■ Work instruction: A line belongs in the answer only if it contains the word "Same"; copy every such line from the listing below.

■ Given data:

######

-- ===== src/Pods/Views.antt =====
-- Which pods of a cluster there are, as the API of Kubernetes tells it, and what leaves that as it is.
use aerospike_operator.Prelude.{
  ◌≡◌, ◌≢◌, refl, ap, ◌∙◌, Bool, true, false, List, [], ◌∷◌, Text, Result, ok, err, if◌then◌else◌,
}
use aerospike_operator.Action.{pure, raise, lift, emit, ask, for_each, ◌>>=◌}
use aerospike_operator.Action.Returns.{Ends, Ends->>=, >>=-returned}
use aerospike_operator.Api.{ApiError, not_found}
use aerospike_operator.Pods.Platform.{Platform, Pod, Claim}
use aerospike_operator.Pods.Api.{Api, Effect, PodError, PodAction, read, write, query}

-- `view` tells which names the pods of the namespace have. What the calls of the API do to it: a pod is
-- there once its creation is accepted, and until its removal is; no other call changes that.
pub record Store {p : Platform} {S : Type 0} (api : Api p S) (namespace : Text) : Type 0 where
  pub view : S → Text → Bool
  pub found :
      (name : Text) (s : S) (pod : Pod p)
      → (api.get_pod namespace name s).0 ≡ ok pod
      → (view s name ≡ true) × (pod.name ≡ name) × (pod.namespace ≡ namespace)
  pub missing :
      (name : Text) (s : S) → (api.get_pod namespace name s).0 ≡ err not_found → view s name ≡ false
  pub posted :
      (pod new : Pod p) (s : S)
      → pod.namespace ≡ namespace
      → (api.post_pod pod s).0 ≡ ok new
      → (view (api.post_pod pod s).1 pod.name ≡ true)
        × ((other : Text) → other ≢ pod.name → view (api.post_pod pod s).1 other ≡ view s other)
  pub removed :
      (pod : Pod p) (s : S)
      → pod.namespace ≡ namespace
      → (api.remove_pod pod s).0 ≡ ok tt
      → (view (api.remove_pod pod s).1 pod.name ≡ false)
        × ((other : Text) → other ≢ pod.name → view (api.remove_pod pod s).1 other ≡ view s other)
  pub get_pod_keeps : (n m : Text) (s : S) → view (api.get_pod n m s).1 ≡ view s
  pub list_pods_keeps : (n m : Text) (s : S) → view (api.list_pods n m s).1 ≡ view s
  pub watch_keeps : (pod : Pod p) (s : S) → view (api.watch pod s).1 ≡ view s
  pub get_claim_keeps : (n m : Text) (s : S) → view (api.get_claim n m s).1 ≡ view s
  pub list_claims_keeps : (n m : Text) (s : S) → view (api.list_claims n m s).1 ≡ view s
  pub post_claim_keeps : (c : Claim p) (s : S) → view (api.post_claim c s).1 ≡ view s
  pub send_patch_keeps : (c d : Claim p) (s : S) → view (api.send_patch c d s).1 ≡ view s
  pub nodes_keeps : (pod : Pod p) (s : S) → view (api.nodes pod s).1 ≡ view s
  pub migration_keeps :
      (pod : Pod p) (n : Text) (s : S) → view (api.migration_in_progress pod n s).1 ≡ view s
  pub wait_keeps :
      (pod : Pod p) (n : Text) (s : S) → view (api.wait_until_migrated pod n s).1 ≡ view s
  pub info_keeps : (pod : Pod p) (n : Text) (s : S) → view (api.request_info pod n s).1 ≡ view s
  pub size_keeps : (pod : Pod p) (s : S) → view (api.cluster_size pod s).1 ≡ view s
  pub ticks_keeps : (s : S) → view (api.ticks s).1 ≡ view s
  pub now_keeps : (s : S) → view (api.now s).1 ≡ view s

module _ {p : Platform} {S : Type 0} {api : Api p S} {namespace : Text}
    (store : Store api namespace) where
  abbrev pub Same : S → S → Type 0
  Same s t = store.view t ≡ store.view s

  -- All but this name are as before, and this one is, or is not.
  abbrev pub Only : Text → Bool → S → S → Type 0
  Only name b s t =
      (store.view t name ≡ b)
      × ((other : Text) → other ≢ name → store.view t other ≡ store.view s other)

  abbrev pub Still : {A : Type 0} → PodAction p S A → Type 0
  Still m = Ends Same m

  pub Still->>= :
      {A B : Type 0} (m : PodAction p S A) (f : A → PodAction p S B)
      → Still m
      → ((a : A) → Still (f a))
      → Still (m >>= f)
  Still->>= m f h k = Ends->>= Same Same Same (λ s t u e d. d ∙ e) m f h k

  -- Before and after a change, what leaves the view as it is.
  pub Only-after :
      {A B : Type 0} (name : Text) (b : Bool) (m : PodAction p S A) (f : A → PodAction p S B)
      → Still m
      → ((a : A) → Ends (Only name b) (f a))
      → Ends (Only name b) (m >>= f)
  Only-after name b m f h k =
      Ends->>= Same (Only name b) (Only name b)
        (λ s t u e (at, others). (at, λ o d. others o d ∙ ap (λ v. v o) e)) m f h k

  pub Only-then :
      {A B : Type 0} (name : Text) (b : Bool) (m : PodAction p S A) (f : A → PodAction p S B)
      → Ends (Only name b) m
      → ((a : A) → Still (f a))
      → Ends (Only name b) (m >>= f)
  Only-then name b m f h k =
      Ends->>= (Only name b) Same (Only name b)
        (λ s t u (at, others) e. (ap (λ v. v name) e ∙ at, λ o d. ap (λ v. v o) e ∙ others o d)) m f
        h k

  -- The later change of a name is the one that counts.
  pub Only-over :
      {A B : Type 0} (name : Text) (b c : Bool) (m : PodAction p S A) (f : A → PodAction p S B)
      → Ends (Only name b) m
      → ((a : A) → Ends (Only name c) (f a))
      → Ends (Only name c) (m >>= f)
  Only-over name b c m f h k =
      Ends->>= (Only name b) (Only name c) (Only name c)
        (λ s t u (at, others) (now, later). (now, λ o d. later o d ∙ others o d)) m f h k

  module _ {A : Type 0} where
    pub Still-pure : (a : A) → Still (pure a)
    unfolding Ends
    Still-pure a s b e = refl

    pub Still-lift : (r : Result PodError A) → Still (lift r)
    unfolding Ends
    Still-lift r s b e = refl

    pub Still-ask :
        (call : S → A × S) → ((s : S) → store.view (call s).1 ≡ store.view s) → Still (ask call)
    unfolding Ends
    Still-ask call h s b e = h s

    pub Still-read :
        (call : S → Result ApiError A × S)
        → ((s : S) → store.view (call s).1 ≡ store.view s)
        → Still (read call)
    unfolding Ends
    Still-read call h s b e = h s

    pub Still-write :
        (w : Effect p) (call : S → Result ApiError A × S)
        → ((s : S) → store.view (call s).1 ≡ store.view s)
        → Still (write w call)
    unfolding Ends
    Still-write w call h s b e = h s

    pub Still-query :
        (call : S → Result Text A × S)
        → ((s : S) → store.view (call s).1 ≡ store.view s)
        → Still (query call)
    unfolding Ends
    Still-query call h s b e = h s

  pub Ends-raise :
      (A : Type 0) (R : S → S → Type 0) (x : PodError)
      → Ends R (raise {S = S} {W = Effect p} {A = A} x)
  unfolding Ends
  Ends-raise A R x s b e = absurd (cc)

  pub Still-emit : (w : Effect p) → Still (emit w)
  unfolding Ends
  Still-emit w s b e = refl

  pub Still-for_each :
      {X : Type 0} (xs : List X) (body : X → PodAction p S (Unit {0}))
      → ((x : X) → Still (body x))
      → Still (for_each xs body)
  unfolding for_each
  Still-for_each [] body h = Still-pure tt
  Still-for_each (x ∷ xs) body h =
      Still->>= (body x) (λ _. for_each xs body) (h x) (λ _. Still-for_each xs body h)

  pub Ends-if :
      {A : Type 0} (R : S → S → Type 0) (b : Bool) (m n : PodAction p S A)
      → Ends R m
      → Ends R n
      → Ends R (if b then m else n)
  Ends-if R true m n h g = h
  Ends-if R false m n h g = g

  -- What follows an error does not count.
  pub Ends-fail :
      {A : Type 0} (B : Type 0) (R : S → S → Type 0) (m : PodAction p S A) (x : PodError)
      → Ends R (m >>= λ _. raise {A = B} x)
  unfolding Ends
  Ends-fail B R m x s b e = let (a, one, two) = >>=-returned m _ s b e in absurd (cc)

######

■ Written answer:
  abbrev pub Same : S → S → Type 0
  Same s t = store.view t ≡ store.view s
  Still m = Ends Same m
  Still->>= m f h k = Ends->>= Same Same Same (λ s t u e d. d ∙ e) m f h k
      Ends->>= Same (Only name b) (Only name b)
      Ends->>= (Only name b) Same (Only name b)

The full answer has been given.